You do need to carefully research the potential return-on-investment, though. If you're borrowing for a degree, make sure that it will actually help you to find a better paying job so you can make enough to pay off the loan and still come out ahead. If you're buying a home or investment property, you need to know you can afford the payments and should try to avoid buying when the real estate market is in a bubble and property values are likely to fall. And if you're starting a business, you want a clear plan towards profitability.

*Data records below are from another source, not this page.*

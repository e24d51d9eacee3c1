-- ===== src/Stream/Cursor/Laws.antt =====
-- The cursor of the test stream (src/c_stream.rs) as a file: its reads and writes.
use mathlib.Core.Path.{subst}
use c2pa_c.Common.{
  ℕ, ◌+◌, ◌-◌, ◌≤◌, min, Bytes, ◌++◌, length, take, drop, replicate, isize_max, ok, some, ◌≡◌, sym,
  arith, le→ltb, length-append, length-take, length-replicate, take-append, drop-append_at,
  drop_all,
}
use mathlib.Core.List.{append-nil}
use c2pa_c.Stream.Cursor.{Cursor, remaining, padded, cursor_write}

-- The bytes that a write leaves, and the cursor after it.
abbrev pub written : Cursor → Bytes → Cursor
written c buf = record {
  inner = take c.position (padded c) ++ (buf ++ drop (c.position + length buf) (padded c));
  position = c.position + length buf;
}

pub cursor_write-written :
    (c : Cursor) (buf : Bytes)
    → c.position + length buf ≤ isize_max
    → cursor_write c buf ≡ some (ok (length buf), written c buf)
unfolding cursor_write
cursor_write-written c buf h = rw (le→ltb isize_max (c.position + length buf) h)

length-padded : (c : Cursor) → c.position ≤ length (padded c)
unfolding padded
length-padded c = omega (
  arith,
  length-append c.inner (replicate (c.position - length c.inner) 0),
  length-replicate {A = ℕ} (c.position - length c.inner) 0,
)

front : (c : Cursor) → length (take c.position (padded c)) ≡ c.position
front c = omega (arith, length-take c.position (padded c), length-padded c)

remaining-append :
    (p : ℕ) (xs ys : Bytes)
    → length xs ≡ p
    → remaining (record { inner = xs ++ ys; position = p }) ≡ ys
unfolding remaining
remaining-append p xs ys h =
    let bound : min p (length (xs ++ ys)) ≡ p = omega (arith, length-append xs ys) in
    subst (λ (k : ℕ). drop k (xs ++ ys) ≡ ys) (sym bound) (drop-append_at p xs ys h)

-- Going back after a write, the written bytes come first.
pub remaining-written :
    (c : Cursor) (buf : Bytes)
    → remaining (record { inner = (written c buf).inner; position = c.position })
      ≡ buf ++ drop (c.position + length buf) (padded c)
remaining-written c buf = remaining-append c.position (take c.position (padded c)) _ (front c)

-- What a read returns and where it stands afterwards.
abbrev pub read_count : Cursor → Bytes → ℕ
read_count c buf = min (length buf) (length (remaining c))

abbrev pub advanced : Cursor → ℕ → Cursor
advanced c n = record c { position = c.position + n }

-- Bytes that a cursor holds first are what a buffer of their length receives.
module _ (c : Cursor) (bytes rest buf : Bytes) (front : remaining c ≡ bytes ++ rest)
    (same : length buf ≡ length bytes) where
  pub read_count_front : read_count c buf ≡ length bytes
  read_count_front = rw front (omega (arith, length-append bytes rest, same))

  pub read_bytes_front : take (length bytes) (remaining c) ++ drop (length bytes) buf ≡ bytes
  read_bytes_front =
      rw (front, take-append bytes rest, drop_all (length bytes) buf (omega arith), append-nil)
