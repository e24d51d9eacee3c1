-- ===== src/Stream/TestStream.antt =====
-- The stream over a cursor in memory (`TestCStream` of src/c_stream.rs, lines 198 to 299). Its
-- context points at a cursor in an arena of boxes.
pub mod Refinement
pub mod RoundTrip
pub mod Runs
pub mod UnitTests
use c2pa_c.Common.{
  ℕ, ◌+◌, Bytes, ℤ, pos, negsuc, as_i64, as_u64, length, Result, ok, err, Option, none, some, M,
  ◌>>=◌, ◌>>◌, pure, fault, or_fault, gets, modify, if◌then◌else◌, ◌==◌,
}
use c2pa_c.Error.{Error, io}
use c2pa_c.Error.Last.{Thread, set_last}
use c2pa_c.Stream.{Ptr, CStream, SeekMode, start, current, end, c_stream_new, extract_context}
use c2pa_c.Stream.Cursor.{Cursor, cursor_new, cursor_read, cursor_write, cursor_seek}

-- The boxes that hold a `TestCStream`, and the next free address.
pub record Arena : Type 0 where
  pub cursors : Ptr → Option Cursor
  pub next : Ptr

abbrev pub update : (Ptr → Option Cursor) → Ptr → Option Cursor → Ptr → Option Cursor
update f p c q = if p == q then c else f q

-- The cursor behind a context: no valid one is undefined behaviour.
unfoldable pub deref : Ptr → M (Thread Arena) Cursor
deref context t = or_fault (t.outside.cursors context) t

unfoldable pub store : Ptr → Cursor → M (Thread Arena) (Unit {0})
store context c = modify λ t. record t {
  outside = record t.outside { cursors = update t.outside.cursors context (some c) };
}

-- The end of each callback: the value, or -1 with the error as the last error.
unfoldable pub report : Result ℕ Bytes → M (Thread Arena) ℤ
unfolding set_last
report (ok n) = pure (as_i64 n)
report (err e) = do set_last (io e); pure (negsuc 0)

-- `TestCStream::reader`
unfoldable pub test_reader : Ptr → Bytes → M (Thread Arena) (ℤ × Bytes)
unfolding deref store report cursor_read
test_reader context buf = do
  stream ← deref context
  let (result, buf', stream') = cursor_read stream buf
  store context stream'
  code ← report result
  pure (code, buf')

-- The three arms of `TestCStream::seeker`, up to the error.
seek_to : Cursor → ℤ → SeekMode → Result ℕ Bytes × Cursor
seek_to c offset start = (ok (as_u64 offset), record c { position = as_u64 offset })
seek_to c offset current = cursor_seek c c.position offset
seek_to c offset end = cursor_seek c (length c.inner) offset

-- `TestCStream::seeker`
unfoldable pub test_seeker : Ptr → ℤ → SeekMode → M (Thread Arena) ℤ
unfolding deref store report seek_to
test_seeker context offset mode = do
  stream ← deref context
  let (result, stream') = seek_to stream offset mode
  store context stream'
  elim result [ ok _ ↦ pure (as_i64 stream'.position) | err e ↦ report (err e) ]

-- `TestCStream::flusher`
unfoldable pub test_flusher : Ptr → M (Thread Arena) ℤ
test_flusher context = pure (pos 0)

-- `TestCStream::writer`
unfoldable pub test_writer : Ptr → Bytes → M (Thread Arena) ℤ
unfolding deref store report cursor_write
test_writer context buf = do
  stream ← deref context
  (result, stream') ← or_fault (cursor_write stream buf)
  store context stream'
  report result

-- The stream with the callbacks of `TestCStream`.
abbrev pub test_stream : Ptr → CStream Arena
test_stream context = record {
  context = context;
  reader = test_reader;
  seeker = test_seeker;
  writer = test_writer;
  flusher = test_flusher;
}

-- `Box::into_raw(Box::new(stream))`
unfoldable pub box_cursor : Cursor → M (Thread Arena) Ptr
box_cursor c t =
    let context = t.outside.next in
    some (
      context,
      record t {
        outside = record {
          cursors = update t.outside.cursors context (some c);
          next = context + 1;
        };
      },
    )

-- `TestCStream::from_bytes`, with `new` and `into_c_stream`.
unfoldable pub from_bytes : Bytes → M (Thread Arena) (CStream Arena)
unfolding cursor_new box_cursor c_stream_new
from_bytes bytes = do context ← box_cursor (cursor_new bytes); c_stream_new (test_stream context)

-- `TestCStream::from_c_stream` takes the cursor back and frees its box.
unfoldable pub from_c_stream : CStream Arena → M (Thread Arena) Cursor
unfolding extract_context deref
from_c_stream s = do
  let (context, left) = extract_context s
  stream ← deref context
  modify λ t. record t {
    outside = record t.outside { cursors = update t.outside.cursors context none };
  }
  pure stream

-- `TestCStream::drop_c_stream`
unfoldable pub drop_c_stream : CStream Arena → M (Thread Arena) (Unit {0})
unfolding from_c_stream
drop_c_stream s = do stream ← from_c_stream s; pure tt
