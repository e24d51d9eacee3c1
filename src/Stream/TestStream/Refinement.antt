-- ===== src/Stream/TestStream/Refinement.antt =====
-- `TestCStream` (src/c_stream.rs, lines 212 to 272) against the cursor that its context points at.
use c2pa_c.Common.{
  ℕ, ◌+◌, ◌-◌, ◌≤◌, ◌<◌, ◌^◌, Bytes, ◌++◌, length, take, drop, ℤ, isize_max, as_i64, ok, err, some,
  none, ◌≡◌, refl, arith, le→ltb, ◌>>=◌, as_i64_small, as_u64_small, as_u64-as_i64, lt→ltb,
  or_fault,
}
use mathlib.Core.Option.{Option, some-injective}
use c2pa_c.Error.{io}
use c2pa_c.Error.Last.{Thread}
use c2pa_c.Stream.{Ptr, SeekFrom, from_start, from_current, from_end, read, write, seek}
use c2pa_c.Stream.Cursor.{
  Cursor, remaining, cursor_write, checked_add_signed, cursor_seek, bad_seek,
}
use c2pa_c.Stream.Cursor.Laws.{written, cursor_write-written, read_count, advanced}
use c2pa_c.Stream.TestStream.{
  Arena, update, deref, test_stream, test_reader, test_writer, test_seeker,
}

-- The thread after the cursor at `context` has become `c`.
abbrev pub stored : Thread Arena → Ptr → Cursor → Thread Arena
stored t context c = record t {
  outside = record t.outside { cursors = update t.outside.cursors context (some c) };
}

module _ (t : Thread Arena) (context : Ptr) (c : Cursor) where
  deref-some : t.outside.cursors context ≡ some c → deref context t ≡ some (c, t)
  unfolding deref
  deref-some here = rw here

  test_reader-some :
      (buf : Bytes)
      → t.outside.cursors context ≡ some c
      → test_reader context buf t
        ≡ some (
          (
            as_i64 (read_count c buf),
            take (read_count c buf) (remaining c) ++ drop (read_count c buf) buf,
          ),
          stored t context (advanced c (read_count c buf)),
        )
  unfolding test_reader
  test_reader-some buf here = rw (here, test_reader, deref, ◌>>=◌) refl

  -- A read of a test stream whose context points at a cursor, into a buffer whose length an
  -- `isize` holds, returns what the cursor holds from its position on, as much as the buffer
  -- takes, and moves the position; the rest of the buffer stays.
  pub read-cursor :
      (buf : Bytes)
      → t.outside.cursors context ≡ some c
      → length buf ≤ isize_max
      → read (test_stream context) buf t
        ≡ some (
          (
            ok (read_count c buf),
            take (read_count c buf) (remaining c) ++ drop (read_count c buf) buf,
          ),
          stored t context (advanced c (read_count c buf)),
        )
  unfolding read
  read-cursor buf here h =
      let small : read_count c buf ≤ isize_max = omega arith in
      rw (le→ltb isize_max (length buf) h) (
        rw (test_reader-some buf here, ◌>>=◌)
          (rw (as_i64_small (read_count c buf) small) (rw (as_u64_small (read_count c buf) small))))

  test_writer-some :
      (buf : Bytes)
      → t.outside.cursors context ≡ some c
      → c.position + length buf ≤ isize_max
      → test_writer context buf t ≡ some (as_i64 (length buf), stored t context (written c buf))
  unfolding test_writer
  test_writer-some buf here h =
      rw (here, test_writer, deref, ◌>>=◌) (rw (cursor_write-written c buf h, or_fault))

  -- A write to a test stream whose context points at a cursor, if it ends within the range of an
  -- `isize`, returns the whole length, and leaves the cursor with the bytes at its position.
  pub write-cursor :
      (buf : Bytes)
      → t.outside.cursors context ≡ some c
      → c.position + length buf ≤ isize_max
      → write (test_stream context) buf t ≡ some (ok (length buf), stored t context (written c buf))
  unfolding write
  write-cursor buf here h =
      let small : length buf ≤ isize_max = omega arith in
      rw (le→ltb isize_max (length buf) small) (
        rw (test_writer-some buf here h, ◌>>=◌)
          (rw (as_i64_small (length buf) small) (rw (as_u64_small (length buf) small))))

  -- A write to a test stream whose context points at a cursor, of bytes whose length an `isize`
  -- holds but that would end beyond that range, is a fault.
  write-overflow :
      (buf : Bytes)
      → t.outside.cursors context ≡ some c
      → length buf ≤ isize_max
      → isize_max < c.position + length buf
      → write (test_stream context) buf t ≡ none
  unfolding write test_writer cursor_write
  write-overflow buf here small over = rw (le→ltb isize_max (length buf) small) (
      rw (here, test_writer, deref, ◌>>=◌)
        (rw (lt→ltb isize_max (c.position + length buf) over, ◌>>=◌, or_fault)))

  -- A seek from the start goes to any u64, also beyond the end and beyond the signed range that
  -- the callback is called with.
  pub seek-start :
      (p : ℕ)
      → t.outside.cursors context ≡ some c
      → p < 2 ^ 64
      → seek (test_stream context) (from_start p) t
        ≡ some (ok p, stored t context (record c { position = p }))
  unfolding seek test_seeker
  seek-start p here h =
      rw (here, test_seeker, deref, ◌>>=◌) (rw (as_u64-as_i64 p h) (rw (as_u64-as_i64 p h)))

-- Where a seek should land, if it may.
abbrev pub landing : Cursor → SeekFrom → Option ℕ
landing c (from_start p) = some p
landing c (from_current n) = checked_add_signed c.position n
landing c (from_end n) = checked_add_signed (length c.inner) n

-- The last error after a callback has failed.
abbrev pub failed : Thread Arena → Bytes → Thread Arena
failed t e = record t { last_error = some (io e) }

module _ (c : Cursor) (base : ℕ) where
  cursor_seek-some :
      (m : ℕ) (n : ℤ)
      → checked_add_signed base n ≡ some m
      → cursor_seek c base n ≡ (ok m, record c { position = m })
  unfolding cursor_seek
  cursor_seek-some m n e = rw (e, cursor_seek)

  cursor_seek-none :
      (n : ℤ) → checked_add_signed base n ≡ none → cursor_seek c base n ≡ (err bad_seek, c)
  unfolding cursor_seek
  cursor_seek-none n e = rw (e, cursor_seek)

module _ (t : Thread Arena) (context : Ptr) (c : Cursor) where
  -- A seek of a test stream whose context points at a cursor, to a place from the start, the
  -- position or the end that a u64 holds, moves the position there and returns it.
  pub seek-landing :
      (from : SeekFrom) (m : ℕ)
      → t.outside.cursors context ≡ some c
      → landing c from ≡ some m
      → m < 2 ^ 64
      → seek (test_stream context) from t
        ≡ some (ok m, stored t context (record c { position = m }))
  unfolding seek test_seeker
  seek-landing (from_start p) m here e h =
      rw (← some-injective _ _ e) (seek-start t context c p here (rw (some-injective _ _ e) h))
  seek-landing (from_current n) m here e h =
      rw (here, test_seeker, deref, ◌>>=◌)
        (rw (cursor_seek-some c c.position m n e)
          (rw (cursor_seek-some c c.position m n e) (rw (as_u64-as_i64 m h))))
  seek-landing (from_end n) m here e h =
      rw (here, test_seeker, deref, ◌>>=◌)
        (rw (cursor_seek-some c (length c.inner) m n e)
          (rw (cursor_seek-some c (length c.inner) m n e) (rw (as_u64-as_i64 m h))))

  -- A seek of a test stream whose context points at a cursor, to a place before the start or past
  -- the u64 range, leaves the position and sets the last error, but returns no error: the result
  -- is the position `u64::MAX`.
  pub seek-nowhere :
      (from : SeekFrom)
      → t.outside.cursors context ≡ some c
      → landing c from ≡ none
      → seek (test_stream context) from t
        ≡ some (ok (2 ^ 64 - 1), failed (stored t context c) bad_seek)
  unfolding seek test_seeker
  seek-nowhere (from_start p) here e = cc
  seek-nowhere (from_current n) here e =
      rw (here, test_seeker, deref, ◌>>=◌) (rw (cursor_seek-none c c.position n e))
  seek-nowhere (from_end n) here e =
      rw (here, test_seeker, deref, ◌>>=◌) (rw (cursor_seek-none c (length c.inner) n e))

3. When there's an opportunity cost if you don't borrow

You need to compare the cost of borrowing with the opportunity costs of not borrowing to decide if it's a smart move to take out a loan or not. Consider the interest rate for the loan you'd be taking out versus what returns your money could earn from safe investments. And if you get benefits from the loan, such as tax-deductible interest on student loans or a mortgage, this should factor into your calculations as well. 

There may also be times when you could pay cash for something, but doing so would drain your reserves and make accomplishing other financial goals impossible. For example, if you could afford to buy a house in cash but you'd have to drain your 401(k) to do so, this would likely be a bad move.

Don't be afraid to borrow in every situation

As you can see, going into debt definitely makes sense under the right circumstances. You just need to be smart when evaluating whether you should take on a loan or not. If you make a careful assessment of the pros, cons, and opportunity costs associated both with borrowing and not borrowing, you can make the choice that's right for you.